After the earth electrode is considered in the switchyard, so the distribution of power frequency electric field in the modeling is calculated, the distribution of power frequency electric field at the height of the 1.5m above the ground are shown in Fig.8 and Fig.9.

As can be seen from Fig.8 and Fig.9, the earth electrodes of all kinds of electrical equipment are considered, the power frequency electric field near the earth electrode in the switchyard distort, making the power frequency electric field in the switchyard becomes more and more complex. The maximum electric field value of power frequency is 18.415kV/m in the switchyard which located in the near the earth electrode below the first back incoming line. By comparing Fig.4 and Fig.8, we can get the distribution of the power frequency electric field undergone major change when the earth electrode is considered. The distribution of power frequency electric field is relatively gently (Fig.4 and Fig.5) when the earth electrode is not considered, while considering the earth electrode, the distribution of power frequency electric field of the local peak value appeared more convex (Fig.8 and Fig.9). Obviously, the modeling and the calculation results considered the earth electrode is in good agreement with the actual distribution of power frequency electric field in switch yard.

In order to further study the effect that the earth electrodes of all kinds of electric equipment have an effect on the distribution of power frequency electric field in the switchyard, the electric field of power frequency under the C phase of the first incoming line (the position marked by the vertical dashed lines in Fig.2) were calculated, and the calculation results are shown in Fig.10.

As can be seen from Fig.10, after considering the earth electrode, the electric field of power frequency around the earth electrode is subject to greater impact.
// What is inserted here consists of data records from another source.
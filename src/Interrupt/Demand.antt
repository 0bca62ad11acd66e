-- ===== src/Interrupt/Demand.antt =====
-- `demand_paging` of w2/sys/idt.c against the list of a task's areas.
use sbrocks.Prelude.{
  ℕ, zero, suc, ◌+◌, ◌-◌, ◌*◌, ◌%◌, ◌^◌, ◌≤◌, ◌<◌, ◌≡◌, ◌≢◌, refl, sym, ◌∙◌, ap, subst, arith, ◌==◌,
  ltb, leb, ◌&&◌, true, false, some, Option, List, [], ◌∷◌, ◌++◌, length, Bool-cases, inl, inr,
}
use mathlib.Core.List.{append-nil}
use sbrocks.Prelude.Chain.{IsChain}
use sbrocks.Kstring.{memset, word_mod}
use sbrocks.Kstring.Copy.{Inside, Outside, memset_lem}
use sbrocks.PhyAlloc.{align_up, align_down, page_size}
use sbrocks.Paging.{Vm, alloc_pages_at_virt}
use sbrocks.Process.{Kernel, VmaType}
use sbrocks.Process.Create.{area_next_of}
use sbrocks.Syscall.{System, current_of, with_kernel}
use sbrocks.Syscall.Fork.{user_flags, load_tables}
use sbrocks.Syscall.Control.{system_exit}
use sbrocks.Interrupt.{Place, place_of, place_in, page_in, demand_paging, heap_page, stack_page}

-- The place that the first area of a list with a place for the address gives it.
unfoldable pub first_place : Kernel → (addr : ℕ) → List ℕ → Place
first_place k addr [] = Place.elsewhere
first_place k addr (x ∷ xs) = elim (place_in k x addr) [
  | Place.in_heap ↦ Place.in_heap
  | Place.in_stack ↦ Place.in_stack
  | Place.elsewhere ↦ first_place k addr xs
]

-- What a fault at an address in such a place does.
pub serve : (fuel addr : ℕ) → Place → System → Option System
serve fuel addr Place.in_heap sys = heap_page addr sys
serve fuel addr Place.in_stack sys = stack_page addr sys
serve fuel addr Place.elsewhere sys = system_exit fuel sys

page_in_end :
    (left fuel addr p : ℕ) (sys : System)
    → p ≡ 0
    → page_in (suc left) fuel addr p sys ≡ serve fuel addr (first_place sys.kernel addr []) sys
unfolding page_in first_place serve
page_in_end left fuel addr p sys z = let e : (p == 0) ≡ true = ground arith in rw (page_in, e) refl

page_in_at :
    (left fuel addr x : ℕ) (xs : List ℕ) (sys : System) (q : Place)
    → x ≢ 0
    → place_in sys.kernel x addr ≡ q
    → page_in left fuel addr (area_next_of sys.kernel x) sys
      ≡ serve fuel addr (first_place sys.kernel addr xs) sys
    → page_in (suc left) fuel addr x sys
      ≡ serve fuel addr (first_place sys.kernel addr (x ∷ xs)) sys
unfolding page_in first_place serve
page_in_at left fuel addr x xs sys Place.in_heap nz is rest =
    let ne : (x == 0) ≡ false = ground arith in rw (page_in, first_place, ne, is) refl
page_in_at left fuel addr x xs sys Place.in_stack nz is rest =
    let ne : (x == 0) ≡ false = ground arith in rw (page_in, first_place, ne, is) refl
page_in_at left fuel addr x xs sys Place.elsewhere nz is rest =
    let ne : (x == 0) ≡ false = ground arith in rw (page_in, first_place, ne, is) rest

page_in-serve :
    (left fuel addr p : ℕ) (xs : List ℕ) (sys : System)
    → IsChain (area_next_of sys.kernel) p xs
    → length xs < left
    → page_in left fuel addr p sys ≡ serve fuel addr (first_place sys.kernel addr xs) sys
unfolding IsChain
page_in-serve zero fuel addr p xs sys c h = elim h [ ]
page_in-serve (suc left) fuel addr p [] sys c h = page_in_end left fuel addr p sys c
page_in-serve (suc left) fuel addr p (x ∷ xs) sys c h = rw (c.0) (
    page_in_at left fuel addr x xs sys (place_in sys.kernel x addr) (λ e. c.1 e) refl
      (page_in-serve left fuel addr (area_next_of sys.kernel x) xs sys c.2 (omega arith)))

demand_paging-serve :
    (fuel addr : ℕ) (xs : List ℕ) (sys : System)
    → IsChain (area_next_of sys.kernel) (sys.kernel.mms (current_of sys).mm).vma_list xs
    → length xs < fuel
    → demand_paging fuel addr sys ≡ serve fuel addr (first_place sys.kernel addr xs) sys
unfolding demand_paging
demand_paging-serve fuel addr xs sys c h =
    page_in-serve fuel fuel addr (sys.kernel.mms (current_of sys).mm).vma_list xs sys c h

-- An area has a place in the heap for an address: from its start to two pages behind its end.
abbrev pub InHeap : Kernel → (addr vma : ℕ) → Type 0
InHeap k addr vma =
    let a = k.areas vma in
    (a.vma_type ≡ VmaType.vma_heap) × (a.vm_start ≤ addr) × (addr < a.vm_end + 8192)

-- The stack grows down: it starts at its highest address.
abbrev pub InStack : Kernel → (addr vma : ℕ) → Type 0
InStack k addr vma =
    let a = k.areas vma in
    (a.vma_type ≡ VmaType.vma_stack) × (addr ≤ a.vm_start) × (a.vm_end < addr)

-- None of these areas has a place for the address.
abbrev pub NoPlace : Kernel → (addr : ℕ) → List ℕ → Type 0
NoPlace k addr [] = Unit {0}
NoPlace k addr (x ∷ xs) = (¬ InHeap k addr x) × ((¬ InStack k addr x) × NoPlace k addr xs)

-- The ends of these areas are no closer than two pages to 2 ^ 64.
abbrev pub EndsFit : Kernel → List ℕ → Type 0
EndsFit k [] = Unit {0}
EndsFit k (x ∷ xs) = ((k.areas x).vm_end + 8192 < 2 ^ 64) × EndsFit k xs

place_of_heap :
    (s e a : ℕ)
    → e + 8192 < 2 ^ 64
    → s ≤ a
    → a < e + 8192
    → place_of VmaType.vma_heap s e a ≡ Place.in_heap
unfolding place_of
place_of_heap s e a fits low high =
    let c : (leb s a && ltb a ((e + 2 * page_size) % word_mod)) ≡ true = ground arith in rw c refl

place_of_stack : (s e a : ℕ) → a ≤ s → e < a → place_of VmaType.vma_stack s e a ≡ Place.in_stack
unfolding place_of
place_of_stack s e a low high = let c : (leb a s && ltb e a) ≡ true = ground arith in rw c refl

place_of-elsewhere :
    (ty : VmaType) (s e a : ℕ)
    → e + 8192 < 2 ^ 64
    → ((ty ≡ VmaType.vma_heap) × (s ≤ a) × (a < e + 8192) → ⊥)
    → ((ty ≡ VmaType.vma_stack) × (a ≤ s) × (e < a) → ⊥)
    → place_of ty s e a ≡ Place.elsewhere
unfolding place_of
place_of-elsewhere VmaType.vma_heap s e a fits no_heap no_stack =
    elim (Bool-cases (leb s a && ltb a ((e + 2 * page_size) % word_mod))) [
      | inl c ↦ absurd (no_heap (refl, ground arith, ground arith))
      | inr c ↦ rw c refl
    ]
place_of-elsewhere VmaType.vma_stack s e a fits no_heap no_stack =
    elim (Bool-cases (leb a s && ltb e a)) [
      | inl c ↦ absurd (no_stack (refl, ground arith, ground arith))
      | inr c ↦ rw c refl
    ]
place_of-elsewhere VmaType.vma_normal s e a fits no_heap no_stack = refl

first_place-none :
    (k : Kernel) (addr : ℕ) (xs ys : List ℕ)
    → EndsFit k (xs ++ ys)
    → NoPlace k addr xs
    → first_place k addr (xs ++ ys) ≡ first_place k addr ys
unfolding first_place
first_place-none k addr [] ys fits none_here = refl
first_place-none k addr (x ∷ xs) ys fits none_here =
    let a = k.areas x in
    let e =
      place_of-elsewhere a.vma_type a.vm_start a.vm_end addr fits.0 none_here.0 none_here.1.0 in
    rw (first_place, e) (first_place-none k addr xs ys fits.1 none_here.1.1)

EndsFit-at :
    (k : Kernel) (xs : List ℕ) (v : ℕ) (ys : List ℕ)
    → EndsFit k (xs ++ v ∷ ys)
    → (k.areas v).vm_end + 8192 < 2 ^ 64
EndsFit-at k [] v ys fits = fits.0
EndsFit-at k (x ∷ xs) v ys fits = EndsFit-at k xs v ys fits.1

first_place-heap :
    (k : Kernel) (addr v : ℕ) (ys : List ℕ)
    → (k.areas v).vm_end + 8192 < 2 ^ 64
    → InHeap k addr v
    → first_place k addr (v ∷ ys) ≡ Place.in_heap
unfolding first_place
first_place-heap k addr v ys fits (ty, low, high) =
    let a = k.areas v in
    let e : place_in k v addr ≡ Place.in_heap =
      ap (λ t. place_of t a.vm_start a.vm_end addr) ty
      ∙ place_of_heap a.vm_start a.vm_end addr fits low high in
    rw (first_place, e) refl

first_place-stack :
    (k : Kernel) (addr v : ℕ) (ys : List ℕ)
    → InStack k addr v
    → first_place k addr (v ∷ ys) ≡ Place.in_stack
unfolding first_place
first_place-stack k addr v ys (ty, low, high) =
    let a = k.areas v in
    let e : place_in k v addr ≡ Place.in_stack =
      ap (λ t. place_of t a.vm_start a.vm_end addr) ty
      ∙ place_of_stack a.vm_start a.vm_end addr low high in
    rw (first_place, e) refl

page_below :
    (addr page : ℕ)
    → page % 4096 ≡ 0
    → page < addr
    → addr ≤ page + 4096
    → addr + 4096 < 2 ^ 64
    → (align_up addr + word_mod - 4096) % word_mod ≡ page
page_below addr page aligned low high small = elim (Bool-cases (addr % page_size == 0)) [
  | inl e ↦ rw e (ground arith)
  | inr e ↦ rw e (ground arith)
]

-- A fault at an address ends the task where none of its areas has a place for the address.
-- Otherwise the first area with a place decides. In a heap, whose places go on for two pages behind
-- its end, the task gets the page that the address is in, filled with zeros, and no other byte
-- changes; in a stack it gets the page that starts below the address and reaches at least up to it,
-- which for the first address of a page is the page before, and no byte changes. That a page is given
-- is a condition, and so is that the areas end more than two pages below 2 ^ 64, and in a stack the
-- address more than one. Fuel for each area and one more is enough.
pub demand_paging-first :
    (fuel addr : ℕ) (xs : List ℕ) (sys : System)
    → IsChain (area_next_of sys.kernel) (sys.kernel.mms (current_of sys).mm).vma_list xs
    → length xs < fuel
    → EndsFit sys.kernel xs
    → (NoPlace sys.kernel addr xs → demand_paging fuel addr sys ≡ system_exit fuel sys)
      × ((before : List ℕ) (v : ℕ) (after : List ℕ) (page start : ℕ) (vm : Vm)
          → xs ≡ before ++ v ∷ after
          → NoPlace sys.kernel addr before
          → page % 4096 ≡ 0
          → alloc_pages_at_virt page page_size user_flags
              (load_tables (current_of sys).pml4e sys.kernel.vm)
            ≡ some (start, vm)
          → (InHeap sys.kernel addr v
              → page ≤ addr
              → addr < page + 4096
              → (sys' : System) × (demand_paging fuel addr sys ≡ some sys')
                × (sys'.kernel.vm ≡ vm)
                × ((b : ℕ) → Inside page 4096 b → sys'.kernel.memory b ≡ 0)
                × ((b : ℕ) → Outside page 4096 b → sys'.kernel.memory b ≡ sys.kernel.memory b))
            × (InStack sys.kernel addr v
                → page < addr
                → addr ≤ page + 4096
                → addr + 4096 < 2 ^ 64
                → (sys' : System) × (demand_paging fuel addr sys ≡ some sys')
                  × (sys'.kernel.vm ≡ vm)
                  × (sys'.kernel.memory ≡ sys.kernel.memory)))
unfolding first_place serve heap_page stack_page
demand_paging-first fuel addr xs sys c h fits =
    let k = sys.kernel in
    let run = demand_paging-serve fuel addr xs sys c h in
    (
      λ none_here.
          run
          ∙ ap (λ ys. serve fuel addr (first_place k addr ys) sys) (sym (append-nil xs))
          ∙ ap (λ p. serve fuel addr p sys)
              (first_place-none k addr xs [] (subst (EndsFit k) (sym (append-nil xs)) fits)
                none_here)
          ∙ refl,
      λ before v after page start vm e none_here aligned got.
          let fits1 = subst (EndsFit k) e fits in
          let first =
            ap (first_place k addr) e
            ∙ first_place-none k addr before (v ∷ after) fits1 none_here in
          (
            λ place low high.
                let al : align_down addr ≡ page = omega arith in
                let there =
                  first_place-heap k addr v after (EndsFit-at k before v after fits1) place in
                (
                  with_kernel (record k { vm = vm; memory = memset k.memory page 0 page_size }) sys,
                  run ∙ ap (λ p. serve fuel addr p sys) (first ∙ there) ∙ rw (al, got) refl,
                  refl,
                  λ b inside. memset_lem k.memory page 0 page_size b ∙ ground arith,
                  λ b outside. memset_lem k.memory page 0 page_size b ∙ ground arith,
                ),
            λ place low high small.
                let al : (align_up addr + word_mod - 4096) % word_mod ≡ page =
                  page_below addr page aligned low high small in
                let there = first_place-stack k addr v after place in
                (
                  with_kernel (record k { vm = vm }) sys,
                  run ∙ ap (λ p. serve fuel addr p sys) (first ∙ there) ∙ rw (al, got) refl,
                  refl,
                  refl,
                ),
          ),
    )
The earth electrode of electrical equipment makes power frequency electric field occur larger changes, appearing local larger distortion. This is due to the discontinuity of surface normal direction of electric field supported the conductor and the supported conductor is earthed.

(1) A more concise three dimensional charge simulation method calculated the distribution of the electric field is derived in this paper, we can use the method to calculate the distribution of power frequency electric field in 500kV switch yard. The efficiency of calculation of this method is higher, avoiding to set the complicated boundaries of the finite element, boundary element method and limit the range of calculation. The calculation results meet the requirements of engineering accuracy.

(2) Considering various of grounding metal holders in 500kV switch yard, thus we establish the calculation model of power frequency electric field in switch yard which include the transmission line, bus and the earth electrodes of all kinds of electrical equipment that is in good with the actual model, we use the method derived in this article to calculate and analysis the distribution of power frequency electric field in switch yard. This work provides an effective, rapid means of researching the electric field distortion around the earth electrodes of all kinds of electric equipment and analyzing of power frequency electric field distribution in the actual substation.

(3) By studying the distribution of power frequency electric field in switch yard that is more close to the actual switch yard, we can find the region that the field strength is stronger and make suggestions of environment security for making an inspection tour in station.